Nigeria: An Appraisal Of The Extant Legal Framework For Mergers & Acquisitions In Nigeria

Last Updated: 6 November 2019
Article by Damilola Ogedengbe

The principal legislation regulating mergers and acquisitions in Nigeria are the Investment and Securities Act 2007 ("ISA"), the Federal Competition and Consumer Protection Act 2018 ("Competition Act"), the Rules of the Securities and Exchange Commission 2013 made pursuant to the ISA ("SEC Rules"), the Companies and Allied Matters Act, Chapter C20, Laws of the Federation of Nigeria 2004 ("CAMA") and the Rule Book of the Nigerian Stock Exchange (applicable to listed public companies). The Companies Income Tax Act 2007 As Amended also specifies that no merger, take over, transfer or restructuring of the trade or business carried on by a company shall take place without having obtained the Federal Inland Revenue Service's direction and clearance with respect to any capital gains tax that may be due and payable. Furthermore, where there is no relevant provision in any of the statutes, common law may apply to the transaction.

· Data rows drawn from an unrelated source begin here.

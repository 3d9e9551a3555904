-- ===== src/RoomAccess/Examples.antt =====
-- The theorem at a room that the members of another may join.
use mtxclient.Shared.{◌≡◌, refl, false, some, [], ◌∷◌, map, lookup}
use mtxclient.Samples.{sample_json, sample_writer, sample_writer-laws, obj, none_left}
use mtxclient.Json.{find}
use mtxclient.RoomAccess.{
  private_rule, restricted_rule, room_membership, unknown_type, can_join, world_readable, JoinRules,
  ServerAcl, string_to_join_rule, read_join_rules, read_guest_access, read_history_visibility,
  read_server_acl, write_join_rules, write_guest_access, write_history_visibility, write_server_acl,
}
use mtxclient.RoomAccess.Roundtrip.{kept_allowance, read_join_rules-write_join_rules}

abbrev rules : JoinRules
rules = record {
  join_rule = restricted_rule;
  allow =
      record { allowance_type = room_membership; room_id = "!space:example.org" }
      ∷ (record { allowance_type = unknown_type; room_id = "!lost:example.org" } ∷ []);
}

abbrev acl : ServerAcl
acl = record { allow = "*" ∷ []; deny = "evil.example.org" ∷ []; allow_ip_literals = false }

-- A room without a join rule is private.
no_rule :
    read_join_rules sample_json (obj none_left)
    ≡ some (record { join_rule = private_rule; allow = [] })
unfolding read_join_rules string_to_join_rule find lookup
no_rule = refl

read_join_rules-write_join_rules_example :
    (read_join_rules sample_json (write_join_rules sample_json sample_writer rules)
      ≡ some (record rules { allow = map kept_allowance rules.allow }))
    × (read_guest_access sample_json (write_guest_access sample_json sample_writer can_join)
        ≡ some can_join)
    × (read_history_visibility sample_json
          (write_history_visibility sample_json sample_writer world_readable)
        ≡ some world_readable)
    × (read_server_acl sample_json (write_server_acl sample_json sample_writer acl) ≡ some acl)
read_join_rules-write_join_rules_example =
    read_join_rules-write_join_rules sample_json sample_writer sample_writer-laws rules can_join
      world_readable acl
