-- ===== src/RoomCreate.antt =====
-- lib/structs/events/create.cpp and include/mtx/events/create.hpp: the content of the creation event of a
-- room, from and to JSON.
pub mod Roundtrip
pub mod Levels
mod Examples
use mtxclient.Shared.{
  String, Bool, true, Option, none, some, List, [], ◌∷◌, Map, map, str_eq, if◌then◌else◌,
}
use mtxclient.Libraries.Json.{JsonLibrary, JsonWriter}
use mtxclient.Json.{find, at_key, get_text, get_bool, get_texts, read_field, value_in, ◌>>=◌}
use mtxclient.Json.Fields.{filled_field, some_field}
use mtxclient.PowerLevels.{Create}

pub record PreviousRoom : Type 0 where
  pub room_id : String
  pub event_id : String

-- `mtx::events::state::Create`
pub record CreateContent : Type 0 where
  pub room_type : Option String
  pub federate : Bool
  pub room_version : String
  pub predecessor : Option PreviousRoom
  pub additional_creators : List String

-- What the power levels read of the event of a sender.
abbrev pub created_by : String → CreateContent → Create
created_by sender content = record {
  sender = sender;
  room_version = content.room_version;
  additional_creators = content.additional_creators;
}

module _ (json : JsonLibrary) where
  -- `from_json` of a `PreviousRoom`
  unfoldable pub read_previous : json.Json → Option PreviousRoom
  read_previous obj = do
    v ← at_key json "room_id" obj
    room_id ← get_text json v
    event_id ← value_in json (get_text json) "" "event_id" (json.view obj)
    some (record { room_id = room_id; event_id = event_id })

  abbrev pub some_previous : json.Json → Option (Option PreviousRoom)
  some_previous v = do previous ← read_previous v; some (some previous)

  -- `obj.contains("type") && obj.at("type").is_string()`
  abbrev pub type_in : Option json.Json → Option String
  type_in none = none
  type_in (some v) = get_text json v

  -- `from_json` of a `Create`
  unfoldable pub read_create : json.Json → Option CreateContent
  read_create obj = do
    federate ← read_field json (get_bool json) true (find json "m.federate" obj)
    room_version ← read_field json (get_text json) "1" (find json "room_version" obj)
    predecessor ← read_field json some_previous none (find json "predecessor" obj)
    additional_creators ← read_field json (get_texts json) [] (find json "additional_creators" obj)
    some (record {
      room_type = type_in (find json "type" obj);
      federate = federate;
      room_version = room_version;
      predecessor = predecessor;
      additional_creators = additional_creators;
    })

module _ (json : JsonLibrary) (writer : JsonWriter json) where
  -- `to_json` of a `PreviousRoom`
  unfoldable pub write_previous : PreviousRoom → json.Json
  write_previous previous = writer.object (
      ("room_id", writer.text previous.room_id)
      ∷ filled_field json writer "event_id" previous.event_id [])

  abbrev pub creator_fields : List String → Map json.Json
  creator_fields [] = []
  creator_fields (user_id ∷ creators) =
      ("additional_creators", writer.array (map writer.text (user_id ∷ creators))) ∷ []

  abbrev pub last_fields : CreateContent → Map json.Json
  last_fields create =
      some_field json writer write_previous "predecessor" create.predecessor
        (creator_fields create.additional_creators)

  abbrev pub type_fields : CreateContent → Map json.Json
  type_fields create =
      some_field json writer writer.text "type" create.room_type (last_fields create)

  abbrev pub create_fields : CreateContent → Map json.Json
  create_fields create =
      ("m.federate", writer.flag create.federate)
      ∷ filled_field json writer "room_version" create.room_version (type_fields create)

  -- `to_json` of a `Create`
  unfoldable pub write_create : CreateContent → json.Json
  write_create create = writer.object (create_fields create)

Prior to the passage of the Competition Act, the apex regulator responsible for the regulation of mergers and acquisitions in Nigeria was the Securities and Exchange Commission ("SEC"). However, with the establishment of the Federal Competition and Consumer Protection Commission ("FCCPC") and the repeal of sections 118-128 (excluding section 121(1)(d)) of the ISA, the power to approve mergers was taken from the SEC and vested with the FCCPC. The passage of the Competition Act also resulted in the introduction of a new regulatory framework for merger transactions in Nigeria.

However, the retention of Section 121(1)(d) of the ISA means that SEC ought to be given sufficient information regarding the merger and it ought to continue determining whether all shareholders are fairly, equitably and similarly treated. Moreover, by a notice to the general public, SEC has indicated that as the primary regulator of the capital market, its regulatory purview extends to mergers involving public companies as well as transactions involving a change of shareholding of capital market operators and that, where any merger involves a public company, the public company has a duty to obtain the 'No Objection' of the SEC. SEC will also continue to enforce compliance with the takeover provisions and monitor acquisition of shares of public companies.

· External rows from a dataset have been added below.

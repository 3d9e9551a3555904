-- ===== src/RoomCreate/Roundtrip.antt =====
-- The content of a creation event that is written is read back.
use mtxclient.Shared.{
  String, ◌≡◌, refl, ap, ◌∙◌, true, false, Option, none, some, List, [], ◌∷◌, Map, lookup, str_eq,
  if◌then◌else◌,
}
use mtxclient.Libraries.Json.{JsonLibrary, JsonWriter, JsonLaws}
use mtxclient.Json.{find, read_field, value_in, get_text, get_bool, get_texts}
use mtxclient.Json.Laws.{find-object, get_text-text, get_bool-flag, get_texts-array}
use mtxclient.Json.Fields.{
  filled_field, some_field, lookup-filled_field, lookup-some_field, text-read, or_empty,
}
use mtxclient.RoomCreate.{
  PreviousRoom, CreateContent, read_previous, some_previous, type_in, read_create, filled_field,
  some_field, write_previous, creator_fields, last_fields, type_fields, create_fields, write_create,
}

module _ (json : JsonLibrary) (writer : JsonWriter json) (laws : JsonLaws json writer) where
  event-read :
      (previous : PreviousRoom)
      → value_in json
          (get_text json)
          ""
          "event_id"
          (json.view (write_previous json writer previous))
        ≡ some previous.event_id
  unfolding write_previous lookup
  event-read previous =
      let fields =
        ("room_id", writer.text previous.room_id)
        ∷ filled_field json writer "event_id" previous.event_id [] in
      let (seen, e, same) = laws.view_object fields in
      rw (e, same "event_id")
        (text-read json writer laws "event_id" "" previous.event_id [] refl refl
          ∙ ap some (or_empty json writer laws previous.event_id))

  room-found :
      (previous : PreviousRoom)
      → find json "room_id" (write_previous json writer previous)
        ≡ some (writer.text previous.room_id)
  unfolding write_previous lookup
  room-found previous = find-object json writer laws "room_id" (
      ("room_id", writer.text previous.room_id)
      ∷ filled_field json writer "event_id" previous.event_id [])

  read_previous-write_previous :
      (previous : PreviousRoom)
      → read_previous json (write_previous json writer previous) ≡ some previous
  unfolding read_previous
  read_previous-write_previous previous =
      rw (room-found previous, get_text-text json writer laws previous.room_id, event-read previous)
        refl

  creators-other :
      (key : String) (creators : List String)
      → str_eq "additional_creators" key ≡ false
      → lookup key (creator_fields json writer creators) ≡ none
  unfolding lookup
  creators-other key [] h = refl
  creators-other key (user_id ∷ creators) h = rw h refl

  creators-read :
      (creators : List String)
      → read_field json
          (get_texts json)
          []
          (lookup "additional_creators" (creator_fields json writer creators))
        ≡ some creators
  unfolding lookup
  creators-read [] = refl
  creators-read (user_id ∷ creators) = get_texts-array json writer laws (user_id ∷ creators)

  previous-read :
      (predecessor : Option PreviousRoom) (creators : List String)
      → read_field json (some_previous json) none (
          lookup "predecessor" (
            some_field json writer
              (write_previous json writer)
              "predecessor"
              predecessor
              (creator_fields json writer creators)))
        ≡ some predecessor
  unfolding lookup
  previous-read none creators = rw (creators-other "predecessor" creators refl) refl
  previous-read (some previous) creators = rw (read_previous-write_previous previous) refl

  module _ (create : CreateContent) where
    -- The fields after the first two, and those after the type.
    type-found :
        (key : String)
        → str_eq "m.federate" key ≡ false
        → str_eq "room_version" key ≡ false
        → find json key (write_create json writer create)
          ≡ lookup key (type_fields json writer create)
    unfolding write_create lookup
    type-found key f v =
        find-object json writer laws key (create_fields json writer create)
        ∙ rw f (
            lookup-filled_field json writer laws "room_version" key create.room_version
              (type_fields json writer create) v)

    last-found :
        (key : String)
        → str_eq "type" key ≡ false
        → lookup key (type_fields json writer create) ≡ lookup key (last_fields json writer create)
    last-found key t =
        lookup-some_field json writer laws writer.text "type" key create.room_type
          (last_fields json writer create) t

    creators-found :
        (key : String)
        → str_eq "predecessor" key ≡ false
        → lookup key (last_fields json writer create)
          ≡ lookup key (creator_fields json writer create.additional_creators)
    creators-found key p =
        lookup-some_field json writer laws (write_previous json writer) "predecessor" key
          create.predecessor (creator_fields json writer create.additional_creators) p

    federate-read :
        read_field json
          (get_bool json)
          true
          (find json "m.federate" (write_create json writer create))
        ≡ some create.federate
    unfolding write_create lookup
    federate-read =
        rw (find-object json writer laws "m.federate" (create_fields json writer create))
          (get_bool-flag json writer laws create.federate)

    version-read :
        read_field json
          (get_text json)
          "1"
          (find json "room_version" (write_create json writer create))
        ≡ some (if str_eq create.room_version "" then "1" else create.room_version)
    unfolding write_create lookup
    version-read =
        rw (find-object json writer laws "room_version" (create_fields json writer create)) (
          text-read json writer laws "room_version" "1" create.room_version
            (type_fields json writer create) refl
            (last-found "room_version" refl
              ∙ creators-found "room_version" refl
              ∙ creators-other "room_version" create.additional_creators refl))

    type-read :
        (v : Option String) (rest : Map json.Json)
        → lookup "type" rest ≡ none
        → type_in json (lookup "type" (some_field json writer writer.text "type" v rest)) ≡ v
    unfolding lookup
    type-read none rest gone = rw gone refl
    type-read (some s) rest gone = get_text-text json writer laws s

    type-back : type_in json (find json "type" (write_create json writer create)) ≡ create.room_type
    type-back = rw (type-found "type" refl refl) (
        type-read create.room_type (last_fields json writer create)
          (creators-found "type" refl ∙ creators-other "type" create.additional_creators refl))

    -- The content of a creation event that is written is read as itself, but that an empty room version
    -- is read as version 1.
    pub read_create-write_create :
        read_create json (write_create json writer create)
        ≡ some (record create {
          room_version = if str_eq create.room_version "" then "1" else create.room_version;
        })
    unfolding read_create
    read_create-write_create =
        rw
          (
            federate-read,
            version-read,
            type-found "predecessor" refl refl,
            last-found "predecessor" refl,
            previous-read create.predecessor create.additional_creators,
            type-found "additional_creators" refl refl,
            last-found "additional_creators" refl,
            creators-found "additional_creators" refl,
            creators-read create.additional_creators,
            type-back,
          )
          refl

As the Commissioners for the FCCPC are yet to be appointed, and in order to make provision during the transition period, the FCCPC and SEC issued the 'Joint Advisory and Guidance on Mergers, Acquisitions and Other Business Combinations' ("Guidance") on 3rd May, 2019. The Guidance provides that during the transition period, commencing from 3rd May, 2019, all notifications or filings should be filed at the FCCPC or the Interim Joint Merger Review Desk of the FCCPC/SEC. FCCPC and SEC will jointly review the notifications and the FCCPC will convey the decision. This process will also apply to notifications previously received by the SEC that are yet to be decided. The Guidance will remain in force until otherwise discontinued by further advisory or guidance.


There are also sector-specific laws applicable to target companies operating in certain industries. Some of them include the following:

  • The Banks and Other Financial Institutions Act 1991 (as amended), The Central Bank of Nigeria Act 1991 (as amended) and the CBN Procedures Manual for Applications for Bank Mergers/Take-overs, 2004 (as updated) for mergers and acquisitions activity in the banking and financial services sector.
  • The Nigerian Communications Act 2003 regulates the telecommunications, media and technology sector.
  • The Electric Power Sector Reform Act 2005 regulates the power sector.
  • The Insurance Act 2003 regulates the insurance sector.
  • The Petroleum Act, Chapter P10, Laws of the Federation of Nigeria, 2004 and Nigerian Oil and Gas Industry Content Development Act regulates the oil and gas sector.

These laws require that the prior approval of the sector regulator be obtained where there is a merger/acquisition of a specified percentage in a company operating in the sector

In this respect, it is important to note that the approval of the FCCPC, in addition to the relevant sector regulator, would need to be obtained prior to implementation of the proposed merger or acquisition. Moreover, the FCCPC's decisions on competition and consumer protection matters take precedence over the relevant sector regulator and it is empowered to hear and determine appeals or requests to review the exercise of power of any sector regulator.

The content of this article is intended to provide a general guide to the subject matter. Specialist advice should be sought about your specific circumstances.